Everything was in order for the first checkpoint and we moved along. The next stop seemed to be an unoffical one, as our bus driver spoke to someone out of the window, started to then drive forwards and then stopped, reversed and parked at the side of the road for about 15 minutes. Then with no direction or anyone seeming to say anything, he drove on through to the Israeli border post.
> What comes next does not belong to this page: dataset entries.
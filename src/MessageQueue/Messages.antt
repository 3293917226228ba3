-- ===== src/MessageQueue/Messages.antt =====
-- src/MessageQueue.hpp and src/MessageQueue.cpp: `put` and `emplace`, `getAndDispatch` and `purge`,
-- with the memory managers of src/MessageQueueBase.hpp and the destructor of the queue.
use reiser_rt_core.Prelude.{
  ℕ, zero, suc, ◌+◌, Option, none, some, List, [], ◌++◌, ◌&&◌, ltb, if◌then◌else◌,
}
use reiser_rt_core.Prelude.Families.{update}
use reiser_rt_core.Outcome.{Outcome, returns, throws, fault, message_queue_element_size_error}
use reiser_rt_core.RingBufferGuarded as Guarded
use reiser_rt_core.RingBufferGuarded.{Progress, done, blocked}
use reiser_rt_core.MessageQueue.{
  MessageQueue, Sent, Call, abort, raw_wait_and_get, raw_wait_and_get_resume, raw_put_and_notify,
  cooked_put_and_notify, cooked_wait_and_get, cooked_wait_and_get_resume,
  get_running_state_statistics,
}

-- An outcome behind a call in a destructor, where no exception gets out.
abbrev pub behind : {B : Type 0} → Progress (Unit {0}) → Outcome B → Progress B
behind (done (returns _)) o = done o
behind (done _) o = done fault
behind blocked o = blocked

module _ {M : Type 0} where
  -- The destructor of `RawMemoryManager`, on the way out with `o`.
  give_back_raw : {B : Type 0} → ℕ → Outcome B → List Sent → MessageQueue M → Call M B
  give_back_raw raw o sent q =
      let c = raw_put_and_notify raw q in
      record { progress = behind c.progress o; queue = c.queue; notices = sent ++ c.notices }

  -- The destructor of `CookedMemoryManager`: it destroys the message, and returns its address.
  unfoldable pub give_back_cooked :
      {B : Type 0} → ℕ → Outcome B → List Sent → MessageQueue M → Call M B
  unfolding give_back_raw
  give_back_cooked a o sent q =
      give_back_raw a o sent (record q { objects = update q.objects a none })

  -- `put` with its block: the constructor of the message ends as `cook` says. The base class
  -- `MessageBase` lies `base` bytes into the message, and its address is sent.
  cooked_on : ℕ → ℕ → Outcome M → List Sent → MessageQueue M → Call M (Unit {0})
  unfolding give_back_raw
  cooked_on base raw (returns m) sent q =
      let c =
        cooked_put_and_notify (raw + base)
          (record q { objects = update q.objects (raw + base) (some m) }) in
      record { progress = c.progress; queue = c.queue; notices = sent ++ c.notices }
  cooked_on base raw (throws e) sent q = give_back_raw raw (throws e) sent q
  cooked_on base raw fault sent q = record { progress = done fault; queue = q; notices = sent }

  put_raw : ℕ → Outcome M → Progress ℕ → List Sent → MessageQueue M → Call M (Unit {0})
  unfolding cooked_on
  put_raw base cook (done (returns raw)) sent q = cooked_on base raw cook sent q
  put_raw base cook (done (throws e)) sent q = record {
    progress = done (throws e);
    queue = q;
    notices = sent;
  }
  put_raw base cook (done fault) sent q = record {
    progress = done fault;
    queue = q;
    notices = sent;
  }
  put_raw base cook blocked sent q = record { progress = blocked; queue = q; notices = sent }

  -- `put` of a message of `size` bytes, and its continuation after a wait for a block.
  unfoldable pub put : ℕ → ℕ → Outcome M → MessageQueue M → Call M (Unit {0})
  unfolding put_raw
  put size base cook q =
      if ltb q.element_size size
      then record {
        progress = done (throws message_queue_element_size_error);
        queue = q;
        notices = [];
      }
      else let c = raw_wait_and_get q in put_raw base cook c.progress c.notices c.queue

  unfoldable pub put_resume : ℕ → Outcome M → MessageQueue M → Call M (Unit {0})
  unfolding put_raw
  put_resume base cook q =
      let c = raw_wait_and_get_resume q in put_raw base cook c.progress c.notices c.queue

  -- `emplace`: the arguments of the constructor are in `cook`.
  unfoldable pub emplace : ℕ → ℕ → Outcome M → MessageQueue M → Call M (Unit {0})
  unfolding put_raw
  emplace size base cook q =
      if ltb q.element_size size
      then record {
        progress = done (throws message_queue_element_size_error);
        queue = q;
        notices = [];
      }
      else let c = raw_wait_and_get q in put_raw base cook c.progress c.notices c.queue

-- What a call leaves of the queue, and of what the functions of the client work on.
pub record Delivery (M V : Type 0) : Type 0 where
  pub call : Call M (Unit {0})
  pub world : V

module _ {M V : Type 0} (name : M → ℕ) (dispatch : M → V → Outcome (Unit {0}) × V) where
  -- The end of `getAndDispatch`, with the outcome of what came before.
  delivered : ℕ → List Sent → MessageQueue M → Outcome (Unit {0}) × V → Delivery M V
  delivered a sent q (o, w) = record { call = give_back_cooked a o sent q; world = w }

  -- `dispatchMessage`, and the end of `getAndDispatch`. A held dispatch mutex makes the thread
  -- wait.
  dispatch_message : ℕ → M → List Sent → MessageQueue M → V → Delivery M V
  unfolding delivered
  dispatch_message a m sent q w =
      let named = record q { name_of_last_message_dispatched = some (name m) } in
      if q.dispatch_locking && q.locked
      then record { call = record { progress = blocked; queue = named; notices = sent }; world = w }
      else delivered a sent named (dispatch m w)

  -- The continuation when the mutex is free.
  unfoldable pub dispatch_resume : ℕ → M → MessageQueue M → V → Delivery M V
  unfolding delivered
  dispatch_resume a m q w = delivered a [] q (dispatch m w)

  -- The call of the wake-up function comes before the dispatch.
  woken : ℕ → M → List Sent → MessageQueue M → Outcome (Unit {0}) × V → Delivery M V
  unfolding dispatch_message delivered
  woken a m sent q (returns _, w) = dispatch_message a m sent q w
  woken a m sent q (throws e, w) = delivered a sent q (throws e, w)
  woken a m sent q (fault, w) = record {
    call = record { progress = done fault; queue = q; notices = sent };
    world = w;
  }

  -- The message at the address; there is none only if the ring holds what was not put.
  message_at :
      (V → Outcome (Unit {0}) × V) → ℕ → Option M → List Sent → MessageQueue M → V → Delivery M V
  unfolding woken
  message_at wakeup a (some m) sent q w = woken a m sent q (wakeup w)
  message_at wakeup a none sent q w = record {
    call = record { progress = done fault; queue = q; notices = sent };
    world = w;
  }

  got_cooked :
      (V → Outcome (Unit {0}) × V) → Progress ℕ → List Sent → MessageQueue M → V → Delivery M V
  unfolding message_at
  got_cooked wakeup (done (returns a)) sent q w = message_at wakeup a (q.objects a) sent q w
  got_cooked wakeup (done (throws e)) sent q w = record {
    call = record { progress = done (throws e); queue = q; notices = sent };
    world = w;
  }
  got_cooked wakeup (done fault) sent q w = record {
    call = record { progress = done fault; queue = q; notices = sent };
    world = w;
  }
  got_cooked wakeup blocked sent q w = record {
    call = record { progress = blocked; queue = q; notices = sent };
    world = w;
  }

  -- `getAndDispatch( wakeupFunctor )`, and its continuation after a wait for a message.
  unfoldable pub get_and_dispatch_with :
      (V → Outcome (Unit {0}) × V) → MessageQueue M → V → Delivery M V
  unfolding got_cooked
  get_and_dispatch_with wakeup q w =
      let c = cooked_wait_and_get q in got_cooked wakeup c.progress c.notices c.queue w

  unfoldable pub get_and_dispatch_with_resume :
      (V → Outcome (Unit {0}) × V) → MessageQueue M → V → Delivery M V
  unfolding got_cooked
  get_and_dispatch_with_resume wakeup q w =
      let c = cooked_wait_and_get_resume q in got_cooked wakeup c.progress c.notices c.queue w

  -- `getAndDispatch()`
  unfoldable pub get_and_dispatch : MessageQueue M → V → Delivery M V
  unfolding got_cooked
  get_and_dispatch q w =
      let c = cooked_wait_and_get q in
      got_cooked (λ v. (returns tt, v)) c.progress c.notices c.queue w

module _ {M : Type 0} where
  unfoldable pub purge_round : Progress ℕ → List Sent → MessageQueue M → Call M (Unit {0})
  purge_round (done (returns a)) sent q = give_back_cooked a (returns tt) sent q
  purge_round (done (throws e)) sent q = record {
    progress = done (throws e);
    queue = q;
    notices = sent;
  }
  purge_round (done fault) sent q = record { progress = done fault; queue = q; notices = sent }
  purge_round blocked sent q = record { progress = blocked; queue = q; notices = sent }

  -- The loop of `purge`, with the rounds left, as far as it gets without a wait.
  unfoldable pub purge_loop : ℕ → List Sent → MessageQueue M → Call M (Unit {0})
  unfolding purge_round
  purge_loop zero sent q = record { progress = done (returns tt); queue = q; notices = sent }
  purge_loop (suc rounds) sent q =
      let got = cooked_wait_and_get q in
      let c = purge_round got.progress (sent ++ got.notices) got.queue in
      elim c.progress [
        | done o ↦ elim o [
          | returns _ ↦ purge_loop rounds c.notices c.queue
          | throws e ↦ c
          | fault ↦ c
        ]
        | blocked ↦ c
      ]

  unfoldable pub purge : MessageQueue M → Call M (Unit {0})
  purge q = purge_loop (get_running_state_statistics q).running_count [] q

  -- The destructor: it aborts, and destroys the messages that are left in the ring.
  abbrev pub destroy_message : ℕ → (ℕ → Option M) → Outcome (Unit {0}) × (ℕ → Option M)
  destroy_message a objects = (returns tt, update objects a none)

  unfoldable pub destroy : MessageQueue M → Outcome (Unit {0}) × (ℕ → Option M)
  destroy q =
      let (o, ring, objects) =
        Guarded.flush destroy_message (abort q).0.cooked_ring_buffer (abort q).0.objects in
      (o, objects)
We were dropped off at the building, picked up our bags from the pavement and then fought our way to the front of the queue to give our bags in and get a sticker. Depending on how things go, this is the last time you will see your bag for anything up to 5 hours! Once the bag is in, join another queue where pilgrims and women will push past you, don’t worry to much about that, just try and stand your ground. At the window you’ll explain what you are doing there and all going well will get another sticker on your passport. (so far aside from baggage handlers, all employees are attractive young women! ) Inside now and make sure all metallics are off, step through the xray machine and into another queue, immigration. Explain what you are doing there again and then go and sit in the naughty corner until another young lady in military uniform comes to ask you some questions about what you are doing and where you are going. I gave the information I had, but apparently as the contact I had given lived in Jerusalem, this was a problem and I needed to give them the details of someone that lived and worked in Rammala! Gave some further names and numbers and hoped for the best!  After about 2.5 hours we finally got our passports back and we went through to join another queue to get out. After that, picked up our baggage which was just sat in the middle of the floor with a number of other bags by the carousel, and found our taxi who had been waiting for 2.5 hours. None of the ‘I’ve been waiting so I have to charge you’ rubbish you get in the UK when you book a cab!  Just a warm  friendly greeting for Scott and a firm friendly handshake for me.

The drive to Rammala takes you through some harsh looking terrain on a road that is in no mans land. No one has claimed it so it just exists. In spite of the harshness of the terrain there were a number of Bedouin settlements dotted around how they live/survive is beyond me. About 45 minutes later after travelling along another unclaimed road, with burning skips dotted alongside ( normal I was told, as it’s no ones road. No one empties the rubbish or things like that) we were dropped in front of a very modern, clean Movenpick hotel. Incidentally it is very surreal driving along a road that has The Wall running right alongside it, dividing the Jews and the Palestinians. It was easy to tell which was which. The Israeli’s limit the water supply so all Palestinian houses have big water butts on the roof!

With it being Ramadan I hadnt eaten anything since breakfast in Costa at 5am that morning and was hungry. So a short trip up the road and we found a small cafe that wad open. Iftar had just been called and the hotel restaurant was packed. A couple more hours work were planned but I think I got to 10.30pm and my eyelids would not stay open. Sleep at last!